PROBLEM REQUIREMENTS >> From the records below, copy out exactly the lines from the one containing "let (r, one, later) = >>=-eq-ok" to the one containing "let (none_here, none_later)", both included. Add nothing else.

━━━ MATERIAL FOR THE TASK

-- ===== src/Corpus/Stages/Run.antt =====
-- What a run over the table has shown that ends with no failure.
use binutils_mcs.Base.{
  append-nil_both, length-zero, ℕ, ◌+◌, ◌≤◌, ◌≡◌, refl, ap, Bool, true, false, none, List, [], ◌∷◌,
  arith, Result, ok, err, >>=-eq-ok, length, All, Bool-cases, Result-cases, inl, inr, if◌then◌else◌,
  ◌≢◌,
}
use mathlib.Core.Path.{subst}
use binutils_mcs.Base.Bytes.{Bytes, codes}
use binutils_mcs.Base.Text.{Text, strip}
use binutils_mcs.Hex.Payload.{Entry, is_skipped, read_line, read_from, read_table}
use binutils_mcs.Hex.Payload.Table.{read_line-line}
use binutils_mcs.Corpus.Disasm.{Stop, decodes}
use binutils_mcs.Corpus.Stages.{
  Bad, Decoded, find, includes, assemble_stage, decode_stage, round_entry, round_stage, run_stages,
  run_table,
}
use binutils_mcs.Corpus.Stages.Pass.{
  Ascending, Assembles, Decodes, Closes, Found, assemble_stage-nil, close_round-nil,
  decode_stage-Found,
}

ok-injective : {E A : Type 0} (a b : A) → ◌≡◌ {A = Result E A} (ok a) (ok b) → a ≡ b
ok-injective a b h = cc

Ascending-le : (n k : ℕ) (es : List Entry) → k ≤ n → Ascending n es → Ascending k es
Ascending-le n k [] h up = tt
Ascending-le n k (e ∷ es) h up = (omega arith, up.1)

read_from-Ascending :
    (n : ℕ) (lines : List Text) (es : List Entry) → read_from n lines ≡ ok es → Ascending n es
unfolding read_from
read_from-Ascending n [] [] h = tt
read_from-Ascending n [] (e ∷ es) h = cc
read_from-Ascending n (line ∷ lines) es h = elim (Bool-cases (is_skipped (strip line))) [
  | inl skip ↦
      Ascending-le (n + 1) n es (omega arith)
        (read_from-Ascending (n + 1) lines es (rw (skip, read_from) at h))
  | inr keep ↦
      let (e, one, later) = >>=-eq-ok (read_line n (strip line)) _ (rw (keep, read_from) at h) in
      let (rest, more, same) = >>=-eq-ok (read_from (n + 1) lines) _ later in
      let here : e.line ≡ n = read_line-line n (strip line) one in
      let up : Ascending (n + 1) rest = read_from-Ascending (n + 1) lines rest more in
      subst (Ascending n) (ok-injective (e ∷ rest) es same)
        (omega arith, Ascending-le (n + 1) (e.line + 1) rest (omega arith) up)
]

module _ (as_new : Text → ℕ × (Text × Bytes)) (objcopy : Bytes → ℕ × (Text × Bytes))
    (objdump : Bytes → ℕ × (Text × Text)) where
  -- Either the dictionary has the instruction of the entry, or the stage decodes it.
  abbrev Known : Bool → Decoded → Entry → Type 0
  Known true dec e = Found as_new objcopy objdump dec e
  Known false dec e = find dec e.line ≡ none

  round_entry-Closes :
      (decoding : Bool) (dec : Decoded) (e : Entry) {considered : Bool}
      → Known decoding dec e
      → round_entry as_new objcopy objdump decoding dec e ≡ ok (considered, [])
      → Closes as_new objcopy objdump e
  unfolding round_entry
  round_entry-Closes true dec e (i, is, at) h = (
    i,
    is,
    close_round-nil as_new objcopy objdump e i (ground (arith, rw (at, round_entry) at h)),
  )
  round_entry-Closes false dec e at h =
      elim (Result-cases (decodes as_new objcopy objdump e.want)) [
        | inr (stop, is) ↦ cc (rw (at, is, round_entry) at h)
        | inl (err why, is) ↦ cc (rw (at, is, round_entry) at h)
        | inl (ok i, is) ↦ (
          i,
          is,
          close_round-nil as_new objcopy objdump e i
              (ground (arith, rw (at, is, round_entry) at h)),
        )
      ]

  round_stage-Closes :
      (decoding : Bool) (dec : Decoded) (es : List Entry) {n : ℕ}
      → All (Known decoding dec) es
      → round_stage as_new objcopy objdump decoding dec es ≡ ok (n, [])
      → All (Closes as_new objcopy objdump) es
  unfolding round_stage
  round_stage-Closes decoding dec [] k h = tt
  round_stage-Closes decoding dec (e ∷ es) k h =
      let (r, one, later) = >>=-eq-ok (round_entry as_new objcopy objdump decoding dec e) _ h in
      let (s, more, same) =
        >>=-eq-ok (round_stage as_new objcopy objdump decoding dec es) _ later in
      let (none_here, none_later) =
        append-nil_both r.1 s.1 (ap (λ (p : ℕ × List Bad). p.1) (ok-injective _ _ same)) in
      (
        round_entry-Closes decoding dec e k.0 (
            subst (λ bad. round_entry as_new objcopy objdump decoding dec e ≡ ok (r.0, bad))
              none_here one),
        round_stage-Closes decoding dec es k.1 (
            subst (λ bad. round_stage as_new objcopy objdump decoding dec es ≡ ok (s.0, bad))
              none_later more),
      )

  -- What the stage `decode` leaves, whether it runs or not.
  Known-decoded :
      (runs : Bool) (es : List Entry) (r : List Bad × Decoded)
      → Ascending 1 es
      → (if runs then decode_stage as_new objcopy objdump es [] else ok ([], [])) ≡ ok r
      → r.0 ≡ []
      → All (Known runs r.1) es
  unfolding find
  Known-decoded true es r up h e =
      decode_stage-Found as_new objcopy objdump 1 es [] up
        (subst (λ bad. decode_stage as_new objcopy objdump es [] ≡ ok (bad, r.1)) e h)
  Known-decoded false es r up h e =
      subst (λ (p : List Bad × Decoded). All (Known false p.1) es) (ok-injective ([], []) r h)
        (nothing es)
    where
      nothing : (es : List Entry) → All (Known false []) es
      nothing [] = tt
      nothing (e ∷ es) = (refl, nothing es)

  Decodes-Found :
      (dec : Decoded) (es : List Entry)
      → All (Found as_new objcopy objdump dec) es
      → All (Decodes as_new objcopy objdump) es
  Decodes-Found dec [] k = tt
  Decodes-Found dec (e ∷ es) k = ((k.0.0, k.0.1), Decodes-Found dec es k.1)

  -- Each stage that was asked for has passed on every entry.
  pub record Passes (stages : List Text) (es : List Entry) : Type 0 where
    pub assembles :
        includes stages (codes "assemble") ≡ true → All (Assembles as_new objcopy objdump) es
    pub decodes_all :
        includes stages (codes "decode") ≡ true → All (Decodes as_new objcopy objdump) es
    pub closes : includes stages (codes "roundtrip") ≡ true → All (Closes as_new objcopy objdump) es

  abbrev rounds : Bool → Bool → Decoded → List Entry → Result Stop (ℕ × List Bad)
  rounds runs decoding dec es =
      if runs then round_stage as_new objcopy objdump decoding dec es else ok (0, [])

  Closes-rounds :
      (runs decoding : Bool) (dec : Decoded) (es : List Entry) (r : ℕ × List Bad)
      → All (Known decoding dec) es
      → rounds runs decoding dec es ≡ ok r
      → r.1 ≡ []
      → runs ≡ true
      → All (Closes as_new objcopy objdump) es
  Closes-rounds true decoding dec es r k h e _ =
      round_stage-Closes decoding dec es k
        (subst (λ bad. round_stage as_new objcopy objdump decoding dec es ≡ ok (r.0, bad)) e h)
  Closes-rounds false decoding dec es r k h e f = cc f

  Decodes-Known :
      (runs : Bool) (dec : Decoded) (es : List Entry)
      → All (Known runs dec) es
      → runs ≡ true
      → All (Decodes as_new objcopy objdump) es
  Decodes-Known true dec es k _ = Decodes-Found dec es k
  Decodes-Known false dec es k f = cc f

  Assembles-first :
      (runs : Bool) (es : List Entry)
      → (if runs then assemble_stage as_new objcopy objdump es else []) ≡ []
      → runs ≡ true
      → All (Assembles as_new objcopy objdump) es
  Assembles-first true es h _ = assemble_stage-nil as_new objcopy objdump es h
  Assembles-first false es h f = cc f

  run_stages-Passes :
      (stages : List Text) (es : List Entry)
      → Ascending 1 es
      → run_stages as_new objcopy objdump stages es ≡ ok 0
      → Passes stages es
  unfolding run_stages
  run_stages-Passes stages es up h =
      let decoding = includes stages (codes "decode") in
      let (r, one, later) =
        >>=-eq-ok (if decoding then decode_stage as_new objcopy objdump es [] else ok ([], [])) _
          h in
      let (s, two, same) =
        >>=-eq-ok (rounds (includes stages (codes "roundtrip")) decoding r.1 es) _ later in
      let first =
        if includes stages (codes "assemble")
        then assemble_stage as_new objcopy objdump es
        else [] in
      let zero_sum : length first + length r.0 + length s.1 ≡ 0 = ok-injective _ _ same in
      let known = Known-decoded decoding es r up one (length-zero r.0 (omega arith)) in
      record {
        assembles = Assembles-first _ es (length-zero first (omega arith));
        decodes_all = Decodes-Known decoding r.1 es known;
        closes = Closes-rounds _ decoding r.1 es s known two (length-zero s.1 (omega arith));
      }

  -- A run over a table that ends with no failure has read at least one entry, and each stage that it
  -- was asked for has passed on every entry: the source is assembled to the golden bytes; they are
  -- decoded to an instruction; and what is printed for it, with a branch that agrees with its target,
  -- is assembled to the golden bytes again.
  pub run_table-Passes :
      (stages : List Text) (lines : List Text)
      → run_table as_new objcopy objdump stages lines ≡ ok 0
      → (es : List Entry) × (read_table lines ≡ ok es) × (es ≢ []) × Passes stages es
  unfolding run_table
  run_table-Passes stages lines h = elim (Result-cases (read_table lines)) [
    | inr (e, is) ↦ cc (rw (is, run_table) at h)
    | inl ([], is) ↦ cc (rw (is, run_table) at h)
    | inl (e ∷ es, is) ↦ (
      e ∷ es,
      is,
      (λ n. cc n),
      run_stages-Passes stages (e ∷ es) (read_from-Ascending 1 lines (e ∷ es) is)
          (rw (is, run_table) at h),
    )
  ]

━━━━━━

PROBLEM SOLUTION >>
      let (r, one, later) = >>=-eq-ok (round_entry as_new objcopy objdump decoding dec e) _ h in
      let (s, more, same) =
        >>=-eq-ok (round_stage as_new objcopy objdump decoding dec es) _ later in
      let (none_here, none_later) =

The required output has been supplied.